В последнем случае, пожалуй, большая масса была бы в состоянии обратить лучший вид в свой худший, как масса воздуха малый огонек. Но этого нет. Ибо всякая масса, занимающая место, получает целостность свою от всех частей, а не существует вся в каждой отдельной части. Одна часть ее находится в одном месте, другая – в другом. Душа же не только всей массе своего тела, но и каждой отдельной частичке его присуща в одно и то же время целиком. Она вся чувствует страдание части тела, и чувствует его, однако же, не во всем теле. Когда болит что-нибудь на ноге, это замечает глаз, говорит о том язык, протягивается к этому рука. Этого не было бы, если бы душа, насколько она присуща в этих частях, не чувствовала бы в ноге, а чувствовать, что там делается, она не могла бы, если бы отсутствовала. Ибо невероятно, чтобы это делалось через посредство какого-либо вестника, не чувствующего того, о чем извещает; потому что страдание не пробегает по непрерывному продолжению телесной массы, чтобы не дать ему укрыться от остальных частей души, находящихся в других местах, а душа вся целиком чувствует то, что происходит в частичке ноги, и чувствует только там, где оно происходит. Следовательно, она вся целиком присутствует одновременно в каждой из отдельных частей – потому что вся одновременно чувствует в каждой из них. И присутствует вся целиком не так, однако же, как, скажем, белизна бывает вполне присуща той или иной части тела. Ибо изменение в белизне, которое терпит тело в одной части, может не иметь никакого отношения к белизне его в другой. Это служит доказательством того, что, соответственно взаимному между собой расстоянию частей телесной массы, и сама она находится на известных от себя расстояниях. А что в душе ничего подобного нет – доказывается чувством, о котором уже было сказано.
Об истинной религии
1. Так как путь к добродетельной и блаженной жизни указан в истинной религии, в которой почитается единый Бог и с чистейшим благоговением познается Начало всех природ, от коего и начинается, и совершается, и сохраняется вселенная, то заблуждение тех народов, которые предпочитали служение многим богам поклонению единому истинному Господу Богу, очевиднее всего открывается в том, что их мудрецы, так называемые философы, имели различные школы, а храмы чтили общие. Ибо ни для народа, ни для жрецов не было тайной, сколь различались представления философов даже о природе самих богов, так как каждый из них не боялся высказываться об этом публично, стараясь всех обратить в свою веру, что, однако же, отнюдь не мешало им всем посещать общие святыни. Нет смысла останавливаться сейчас на том, чьи взгляды были точнее, а чьи – нет: достаточно уже самого факта – вместе с народом они вроде бы исповедовали одну и ту же религию, частным же образом каждый из них защищал свою, особую.
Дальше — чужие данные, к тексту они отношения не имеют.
-- ===== src/Feedback/Consumer/Stream.antt =====
-- `process_raw`, and `RedisFeedbackRuntime._read_stream`: a batch of messages of one stream. Parsing is
-- pydantic's, and `none` is a `ValidationError`.
pub mod Batch
use be25_fin_thanos_meetbowl.Prelude.{
  Option, none, some, List, [], ◌∷◌, ◌++◌, if◌then◌else◌, ◌==◌, nat_eq, list_eq, option_eq, pair_eq,
}
use be25_fin_thanos_meetbowl.Prelude.Dict.{Dict, lookup, insert}
use be25_fin_thanos_meetbowl.Text.{Text, codes}
use be25_fin_thanos_meetbowl.Errors.{Raises, returned, raised, other}
use be25_fin_thanos_meetbowl.Schemas.{Uuid, Moment}
use be25_fin_thanos_meetbowl.Schemas.Events.{EventEnvelope, FeedbackSegmentCreatedPayload}
use be25_fin_thanos_meetbowl.Feedback.State.{
  Settings, Processor, cleanup_expired_state, window_or_new, key_of, is_stale, segment_of,
}
use be25_fin_thanos_meetbowl.Feedback.Consumer.{
  World, FeedbackEffect, queried, sent, Step, done, add_segment, process_payload,
}

abbrev pub feedback_segment_created : Text
feedback_segment_created = codes "meeting.feedback.segment.created"

-- One delivered message: its id, the parsed event if there is a field `event`, and the clock.
pub record Delivered (Json : Type 0) : Type 0 where
  pub message_id : Text
  pub raw_event : Option (Option (EventEnvelope Json))
  pub now : Moment
  pub world : World

module _ (settings : Settings) {Json : Type 0}
    (parse_payload : Json → Option FeedbackSegmentCreatedPayload) where
  unfoldable pub process_parsed :
      World → Moment → Uuid → Option FeedbackSegmentCreatedPayload → Processor → Step
  process_parsed world now correlation_id none p = done p
  process_parsed world now correlation_id (some payload) p =
      process_payload settings world now payload correlation_id p

  unfoldable pub process_raw : World → Moment → Option (EventEnvelope Json) → Processor → Step
  unfolding process_parsed
  process_raw world now none p = done p
  process_raw world now (some envelope) p =
      if envelope.event_type == feedback_segment_created
      then process_parsed world now envelope.correlation_id (parse_payload envelope.payload) p
      else done p

  unfoldable pub process_event :
      World → Moment → Option (Option (EventEnvelope Json)) → Processor → Step
  unfolding process_raw
  process_event world now none p = done p
  process_event world now (some raw_event) p = process_raw world now raw_event p

  -- The loop over the messages of one read: an exception of `process_raw` leaves it, and that message
  -- and those behind it are not acknowledged. The acknowledged ids are returned, in order.
  unfoldable pub read_messages :
      List (Delivered Json)
      → Processor
      → Raises (Unit {0}) × Processor × List Text × List FeedbackEffect
  read_messages [] p = (returned tt, p, [], [])
  read_messages (m ∷ rest) p =
      let (result, p', effects) = process_event m.world m.now m.raw_event p in
      let (result', p'', acked, effects') = read_messages rest p' in
      elim result [
        | raised x ↦ (raised x, p', [], effects)
        | returned _ ↦ (result', p'', m.message_id ∷ acked, effects ++ effects')
      ]
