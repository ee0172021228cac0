-- ===== src/Feedback/Consumer/Stream/Batch.antt =====
-- What a batch acknowledges.
use be25_fin_thanos_meetbowl.Prelude.{
  ◌<◌, ◌≡◌, refl, ◌∙◌, true, false, Option, some, List, [], ◌∷◌, map, arith, ◌==◌, nat_eq, list_eq,
  option_eq, pair_eq, contains,
}
use be25_fin_thanos_meetbowl.Prelude.Dict.{lookup, insert}
use be25_fin_thanos_meetbowl.Text.{codes}
use be25_fin_thanos_meetbowl.Errors.{Exception, returned, raised, other}
use be25_fin_thanos_meetbowl.Schemas.{Uuid, Moment}
use be25_fin_thanos_meetbowl.Schemas.Events.{EventEnvelope, FeedbackSegmentCreatedPayload}
use be25_fin_thanos_meetbowl.Feedback.Window.{MeetingWindowState}
use be25_fin_thanos_meetbowl.Feedback.State.{
  Settings, Processor, cleanup_expired_state, window_or_new, key_of, is_stale,
}
use be25_fin_thanos_meetbowl.Feedback.Consumer.{World, add_segment, process_payload}
use be25_fin_thanos_meetbowl.Feedback.Consumer.Stream.{
  Delivered, feedback_segment_created, process_event, read_messages,
}

module _ (settings : Settings) {Json : Type 0}
    (parse_payload : Json → Option FeedbackSegmentCreatedPayload) where
  -- A batch that ends without an exception has acknowledged every message, in order.
  pub read_messages-acked :
      (messages : List (Delivered Json)) (p : Processor)
      → (read_messages settings parse_payload messages p).0 ≡ returned tt
      → (read_messages settings parse_payload messages p).2 ≡ map (λ m. m.message_id) messages
  unfolding read_messages
  read_messages-acked [] p h = refl
  read_messages-acked (m ∷ rest) p h = ground (
    arith,
    read_messages-acked rest (process_event settings parse_payload m.world m.now m.raw_event p).1,
  )

  reversed_raises :
      (world : World) (now : Moment) (payload : FeedbackSegmentCreatedPayload) (c : Uuid)
      (state : MeetingWindowState) (p : Processor)
      → contains payload.segment_id state.segment_ids ≡ false
      → is_stale settings payload.sequence state.last_sequence ≡ false
      → payload.ended_at_ms < payload.started_at_ms
      → add_segment settings world now payload c state p
        ≡ (raised (other (codes "ValidationError")), p, [])
  unfolding add_segment
  reversed_raises world now payload c state p new fresh late = ground arith

  stopped_batch :
      (m : Delivered Json) (rest : List (Delivered Json)) (p p' : Processor) (x : Exception)
      → process_event settings parse_payload m.world m.now m.raw_event p ≡ (raised x, p', [])
      → read_messages settings parse_payload (m ∷ rest) p ≡ (raised x, p', [], [])
  unfolding read_messages
  stopped_batch m rest p p' x h = ground arith

  event_is_payload :
      (m : Delivered Json) (envelope : EventEnvelope Json) (payload : FeedbackSegmentCreatedPayload)
      (p : Processor)
      → m.raw_event ≡ some (some envelope)
      → (envelope.event_type == feedback_segment_created) ≡ true
      → parse_payload envelope.payload ≡ some payload
      → process_event settings parse_payload m.world m.now m.raw_event p
        ≡ process_payload settings m.world m.now payload envelope.correlation_id p
  unfolding process_event
  event_is_payload m envelope payload p arrived kind parsed = rw (arrived, kind, parsed) refl

  reversed_payload :
      (world : World) (now : Moment) (payload : FeedbackSegmentCreatedPayload) (c : Uuid)
      (p : Processor) (before : MeetingWindowState)
      → payload.is_final ≡ true
      → before
        ≡ window_or_new settings now
            (lookup (key_of settings payload) (cleanup_expired_state settings now p).windows)
      → contains payload.segment_id before.segment_ids ≡ false
      → is_stale settings payload.sequence before.last_sequence ≡ false
      → payload.ended_at_ms < payload.started_at_ms
      → (p' : Processor) × (process_payload settings world now payload c p
          ≡ (raised (other (codes "ValidationError")), p', []))
  unfolding process_payload
  reversed_payload world now payload c p before final e new fresh late =
      let p₁ = cleanup_expired_state settings now p in
      let p' : Processor = record p₁ {
        windows = insert (key_of settings payload) before p₁.windows;
      } in
      (p', simp (final, ← e) (reversed_raises world now payload c before p' new fresh late))

  -- A final segment that is new to its window and ends before it starts makes the handler raise a
  -- validation error, although an event whose payload is not valid is meant to be skipped. The whole
  -- batch stops there: neither that message nor any behind it is acknowledged, and none behind it is
  -- processed, whatever they are.
  pub reversed_stops_batch :
      (m : Delivered Json) (rest : List (Delivered Json)) (envelope : EventEnvelope Json)
      (payload : FeedbackSegmentCreatedPayload) (p : Processor) (before : MeetingWindowState)
      → m.raw_event ≡ some (some envelope)
      → (envelope.event_type == feedback_segment_created) ≡ true
      → parse_payload envelope.payload ≡ some payload
      → payload.is_final ≡ true
      → before
        ≡ window_or_new settings m.now
            (lookup (key_of settings payload) (cleanup_expired_state settings m.now p).windows)
      → contains payload.segment_id before.segment_ids ≡ false
      → is_stale settings payload.sequence before.last_sequence ≡ false
      → payload.ended_at_ms < payload.started_at_ms
      → (p' : Processor) × (process_payload settings m.world m.now payload envelope.correlation_id p
          ≡ (raised (other (codes "ValidationError")), p', []))
        × (read_messages settings parse_payload (m ∷ rest) p
            ≡ (raised (other (codes "ValidationError")), p', [], []))
  reversed_stops_batch m rest envelope payload p before arrived kind parsed final e new fresh late =
      let (p', raises) =
        reversed_payload m.world m.now payload envelope.correlation_id p before final e new fresh
          late in
      (
        p',
        raises,
        stopped_batch m rest p p' (other (codes "ValidationError"))
            (event_is_payload m envelope payload p arrived kind parsed ∙ raises),
      )
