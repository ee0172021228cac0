-- ===== src/Pipelines.antt =====
-- app/pipelines/*.py: the pure steps of minutes generation and document indexing.
pub mod Chunking
pub mod Evidence
pub mod Quality
pub mod Transcript
pub mod Tiptap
2. Сократ, говорят, был смелее других, клянясь собакой, камнем и вообще всем, что только попадалось на глаза, когда хотел прибегнуть к клятве. Я полагаю, он понимал, что каждое из творений природы, которое возникает по воле Божественного промысла, гораздо лучше, чем произведения каких угодно художников, а потому и более достойно почитания, нежели каменные идолы, помещенные в языческих храмах. И это вовсе не потому, что камень и собака действительно заслуживают восхищения мудрецов, но этим он хотел дать понять людям, в какое глубокое суеверие они погружены. Вместе с тем, он изобличал этим и мерзостное воззрение тех, кто считал этот видимый мир высшим Богом, делая из этого вполне последовательный вывод, что в таком случае следует чтить и всякий камень, как частицу высшего Бога. Если бы они смогли возмутиться подобным выводом, им бы пришлось изменить свое мнение и начать искать того единого Бога, который один только выше нашего ума и который сотворил всякую душу и весь этот мир. Об этом впоследствии с большою силой написал Платон, написал красиво, но не слишком убедительно, ибо он и подобные ему философы не были рождены для того, чтобы отвратить мысль своего народа от идолопоклонства и тщеты мира сего и направить ее к истинному почитанию истинного Бога. Поэтому и сам Сократ вместе с прочими чтил идолов, а после его смерти и осуждения никто уже не осмеливался ни клясться собакой, ни называть какой-нибудь камень Юпитером, но лишь хранили память об этом в немногих философских работах. Было ли это следствием страха перед карой или просто знамением того времени – о том не знаю и потому – молчу.